[[ Supplied entries open ]]

-- ===== src/LinkProxy.antt =====
-- 722device/network/tls_net_proxy.c: eight ring buffers by priority, the thread that sends what they hold
-- by UDP or TCP, and the threads that publish what other devices send.
--
-- A node holds the address and the length of its data, as in the source; the bytes there are read from
-- the memory when the node is sent. The calls of pthread_mutex_lock are left out: each operation on a
-- ring is one critical section.
pub mod Ring
pub mod Order
pub mod Relay
pub mod Intake
mod Tests
use ai_coding_for_business.Common.{
  put, ℕ, zero, suc, ◌+◌, ◌-◌, ◌*◌, ◌%◌, ◌^◌, Bool, true, false, not, ◌||◌, ◌&&◌, Option, none,
  some, List, [], ◌∷◌, ◌++◌, ◌==◌, ltb, leb, if◌then◌else◌, length, is_nil, take, drop, get_or,
  replicate, cells, be32,
}
use ai_coding_for_business.NetProxy.{pad, cut}

-- `NET_PROXY_QUEUE_SIZE`, `MAX_PRIORITY_LEVELS`, `PROTO_UDP`, `PROTO_TCP`, and the size of the array `url`.
abbrev pub queue_size : ℕ
queue_size = 256

abbrev pub max_priority_levels : ℕ
max_priority_levels = 8

abbrev pub proto_udp : ℕ
proto_udp = 1

abbrev pub proto_tcp : ℕ
proto_tcp = 2

abbrev pub url_size : ℕ
url_size = 256

-- `net_proxy_prio_node_t` with its `net_proxy_transmit_data_t`. `url` are the bytes of the array before
-- `url_len`, and `dest_ip` is the string in its array. `param` is never sent.
pub record Node : Type 0 where
  pub dest_ip : List ℕ
  pub dest_port : ℕ
  pub proto : ℕ
  pub url : List ℕ
  pub data_at : ℕ
  pub data_len : ℕ
  pub priority : ℕ

-- `net_proxy_prio_queue_t`.
pub record PrioQueue : Type 0 where
  pub nodes : ℕ → Node
  pub head : ℕ
  pub tail : ℕ
  pub count : ℕ

-- `net_proxy_prio_queue_init`, and its loop in `tls_net_proxy_init` on the eight queues.
abbrev pub zero_node : Node
zero_node = record {
  dest_ip = [];
  dest_port = 0;
  proto = 0;
  url = [];
  data_at = 0;
  data_len = 0;
  priority = 0;
}

abbrev pub prio_queue_init : PrioQueue
prio_queue_init = record { nodes = λ i. zero_node; head = 0; tail = 0; count = 0 }

abbrev pub init_queues : (ℕ → PrioQueue) → ℕ → PrioQueue
init_queues qs p = if ltb p max_priority_levels then prio_queue_init else qs p

-- The stores and counters of a push into a ring that has room.
abbrev pub append_node : PrioQueue → Node → PrioQueue
append_node q n = record q {
  nodes = put q.nodes q.tail n;
  tail = (q.tail + 1) % queue_size;
  count = q.count + 1;
}

-- `net_proxy_prio_queue_push`.
pub prio_queue_push : PrioQueue → Node → Bool × PrioQueue
prio_queue_push q n = if ltb q.count queue_size then (true, append_node q n) else (false, q)

-- `net_proxy_prio_queue_pop`.
pub prio_queue_pop : PrioQueue → Option Node × PrioQueue
prio_queue_pop q =
    if ltb 0 q.count
    then (some (q.nodes q.head), record q { head = (q.head + 1) % queue_size; count = q.count - 1 })
    else (none, q)

-- `memcpy` of a url that fits into the array, which is zero before; of a longer one only the length is set,
-- to 255.
abbrev pub url_bytes : List ℕ → List ℕ
url_bytes url = if ltb (length url) url_size then url else replicate 255 0

abbrev pub clamp_priority : ℕ → ℕ
clamp_priority priority = if leb max_priority_levels priority then 0 else priority

-- `tls_net_proxy_push_to_prio_queue` of arguments that are not null, on the eight queues.
pub push_to_prio_queue :
    (ℕ → PrioQueue)
    → (dest_ip : List ℕ) → (dest_port proto priority : ℕ) → (url : List ℕ) → (data_at data_len : ℕ)
    → Bool × (ℕ → PrioQueue)
unfolding prio_queue_push
push_to_prio_queue qs dest_ip dest_port proto priority url data_at data_len =
    let p = clamp_priority priority in
    let node : Node = record {
      dest_ip = take 15 dest_ip;
      dest_port = dest_port;
      proto = proto;
      url = url_bytes url;
      data_at = data_at;
      data_len = data_len;
      priority = p;
    } in
    let (ok, q) = prio_queue_push (qs p) node in (ok, put qs p q)

-- `link_map_entry_t`, and `tls_net_proxy_find_entry` on the `count` entries of the configuration.
pub record LinkEntry : Type 0 where
  pub id : ℕ
  pub dest_ip : List ℕ
  pub dest_port : ℕ

unfoldable pub find_entry : List LinkEntry → ℕ → Option LinkEntry
find_entry [] id = none
find_entry (e ∷ es) id = let rest = find_entry es id in if e.id == id then some e else rest

-- What is sent: the protocol, the address, and the bytes.
pub record Sending : Type 0 where
  pub proto : ℕ
  pub ip : List ℕ
  pub port : ℕ
  pub bytes : List ℕ

-- The buffer that `tls_net_proxy_send_tcp` and `tls_net_proxy_send_udp` fill.
abbrev pub send_buffer : List ℕ → List ℕ → List ℕ
send_buffer url bytes = be32 (length url) ++ url ++ bytes

-- What the thread finds outside: the bytes in memory, and what comes of a message that is to be sent. That is
-- `none` where the buffer, the socket or the connection is refused or times out, or `send` fails; else it is
-- the number of bytes that `send` takes.
pub record World : Type 0 where
  pub memory : ℕ → ℕ
  pub takes : Sending → Option ℕ

abbrev pub sending_of : World → Node → Sending
sending_of world n = record {
  proto = n.proto;
  ip = n.dest_ip;
  port = n.dest_port;
  bytes = send_buffer n.url (cells world.memory n.data_at n.data_len);
}

-- A datagram goes as a whole, and of what is sent by TCP the bytes that are taken; nothing is sent again.
abbrev pub taken : Sending → Option ℕ → List Sending
taken s none = []
taken s (some k) = (if s.proto == proto_tcp then record s { bytes = take k s.bytes } else s) ∷ []

-- The choice of the protocol in the thread, with `tls_net_proxy_send_tcp` and `tls_net_proxy_send_udp`: what reaches the
-- network. Nothing is sent of no data or by another protocol, and the thread goes on after a failure.
pub send_node : World → Node → List Sending
send_node world n =
    if (n.data_at == 0) || (n.data_len == 0)
    then []
    else if (n.proto == proto_tcp) || (n.proto == proto_udp)
    then taken (sending_of world n) (world.takes (sending_of world n))
    else []

-- The search of `tls_net_proxy_transmit_thread` below priority `i`: the node taken, with the queues after.
pub pop_highest : ℕ → (ℕ → PrioQueue) → Option (Node × (ℕ → PrioQueue))
unfolding prio_queue_pop
pop_highest zero qs = none
pop_highest (suc i) qs =
    let rest = pop_highest i qs in
    let (got, q) = prio_queue_pop (qs i) in elim got [ none ↦ rest | some n ↦ some (n, put qs i q) ]

-- `check_higher_priority_waiting`: `i` is one more than the priority looked at.
pub check_higher_waiting : ℕ → (ℕ → PrioQueue) → ℕ → Bool
check_higher_waiting zero qs current = false
check_higher_waiting (suc i) qs current =
    let rest = check_higher_waiting i qs current in
    if leb i current then false else if ltb 0 (qs i).count then true else rest

-- What the thread does with a node it has taken: it puts it back at the end of its queue, where that has
-- room, when a higher priority waits; else it sends it.
pub send_or_requeue : World → Node → (ℕ → PrioQueue) → List Sending × (ℕ → PrioQueue)
send_or_requeue world n qs =
    if check_higher_waiting max_priority_levels qs n.priority
    then ([], put qs n.priority (prio_queue_push (qs n.priority) n).1)
    else (send_node world n, qs)

-- The loop of the thread while it finds nodes, on fuel, with nothing pushed meanwhile: what is sent, and the
-- queues when they are empty.
pub transmit_loop : ℕ → World → (ℕ → PrioQueue) → Option (List Sending × (ℕ → PrioQueue))
transmit_loop zero world qs = none
transmit_loop (suc fuel) world qs = elim (pop_highest max_priority_levels qs) [
  | none ↦ some ([], qs)
  | some got ↦
      let (sent, qs') = send_or_requeue world got.0 got.1 in
      elim (transmit_loop fuel world qs') [
        | none ↦ none
        | some more ↦ some (sent ++ more.0, more.1)
      ]
]

-- `parse_url_payload_from_buffer` behind the reading of the length of the url: the url and the payload,
-- or -1.
pub split_url : ℕ → List ℕ → Option (List ℕ × List ℕ)
split_url url_len buffer =
    if ltb (length buffer) 4
    then none
    else if leb url_size url_len || ltb (length buffer) (4 + url_len)
    then none
    else some (take url_len (drop 4 buffer), drop (4 + url_len) buffer)

pub parse_url_payload : List ℕ → Option (List ℕ × List ℕ)
parse_url_payload buffer =
    split_url
      (get_or buffer 0 0 * 16777216
        + get_or buffer 1 0 * 65536
        + get_or buffer 2 0 * 256
        + get_or buffer 3 0)
      buffer

-- The string "/data".
abbrev pub default_topic : List ℕ
default_topic = 47 ∷ 100 ∷ 97 ∷ 116 ∷ 97 ∷ []

-- What the two listening threads publish of the bytes that `recv` brings, at most 4095: the url up to its
-- first byte 0, and the payload; bytes that cannot be parsed go under the default topic.
pub publish_bytes : List ℕ → Option (List ℕ × List ℕ)
publish_bytes bytes = if is_nil bytes then none else elim (parse_url_payload bytes) [
  | none ↦ some (default_topic, bytes)
  | some parsed ↦ some (cut parsed.0, parsed.1)
]

pub published : List ℕ → Option (List ℕ × List ℕ)
published datagram = publish_bytes (take 4095 datagram)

[[ Supplied entries closed ]]

_About this exercise_: Within the material above, copy exactly the lines from the line that holds "priority = 0;" up to and including the line that holds "of the configuration.".

_Answer to this exercise_:
  priority = 0;
}

abbrev pub prio_queue_init : PrioQueue
prio_queue_init = record { nodes = λ i. zero_node; head = 0; tail = 0; count = 0 }

abbrev pub init_queues : (ℕ → PrioQueue) → ℕ → PrioQueue
init_queues qs p = if ltb p max_priority_levels then prio_queue_init else qs p

-- The stores and counters of a push into a ring that has room.
abbrev pub append_node : PrioQueue → Node → PrioQueue
append_node q n = record q {
  nodes = put q.nodes q.tail n;
  tail = (q.tail + 1) % queue_size;
  count = q.count + 1;
}

-- `net_proxy_prio_queue_push`.
pub prio_queue_push : PrioQueue → Node → Bool × PrioQueue
prio_queue_push q n = if ltb q.count queue_size then (true, append_node q n) else (false, q)

-- `net_proxy_prio_queue_pop`.
pub prio_queue_pop : PrioQueue → Option Node × PrioQueue
prio_queue_pop q =
    if ltb 0 q.count
    then (some (q.nodes q.head), record q { head = (q.head + 1) % queue_size; count = q.count - 1 })
    else (none, q)

-- `memcpy` of a url that fits into the array, which is zero before; of a longer one only the length is set,
-- to 255.
abbrev pub url_bytes : List ℕ → List ℕ
url_bytes url = if ltb (length url) url_size then url else replicate 255 0

abbrev pub clamp_priority : ℕ → ℕ
clamp_priority priority = if leb max_priority_levels priority then 0 else priority

-- `tls_net_proxy_push_to_prio_queue` of arguments that are not null, on the eight queues.
pub push_to_prio_queue :
    (ℕ → PrioQueue)
    → (dest_ip : List ℕ) → (dest_port proto priority : ℕ) → (url : List ℕ) → (data_at data_len : ℕ)
    → Bool × (ℕ → PrioQueue)
unfolding prio_queue_push
push_to_prio_queue qs dest_ip dest_port proto priority url data_at data_len =
    let p = clamp_priority priority in
    let node : Node = record {
      dest_ip = take 15 dest_ip;
      dest_port = dest_port;
      proto = proto;
      url = url_bytes url;
      data_at = data_at;
      data_len = data_len;
      priority = p;
    } in
    let (ok, q) = prio_queue_push (qs p) node in (ok, put qs p q)

-- `link_map_entry_t`, and `tls_net_proxy_find_entry` on the `count` entries of the configuration.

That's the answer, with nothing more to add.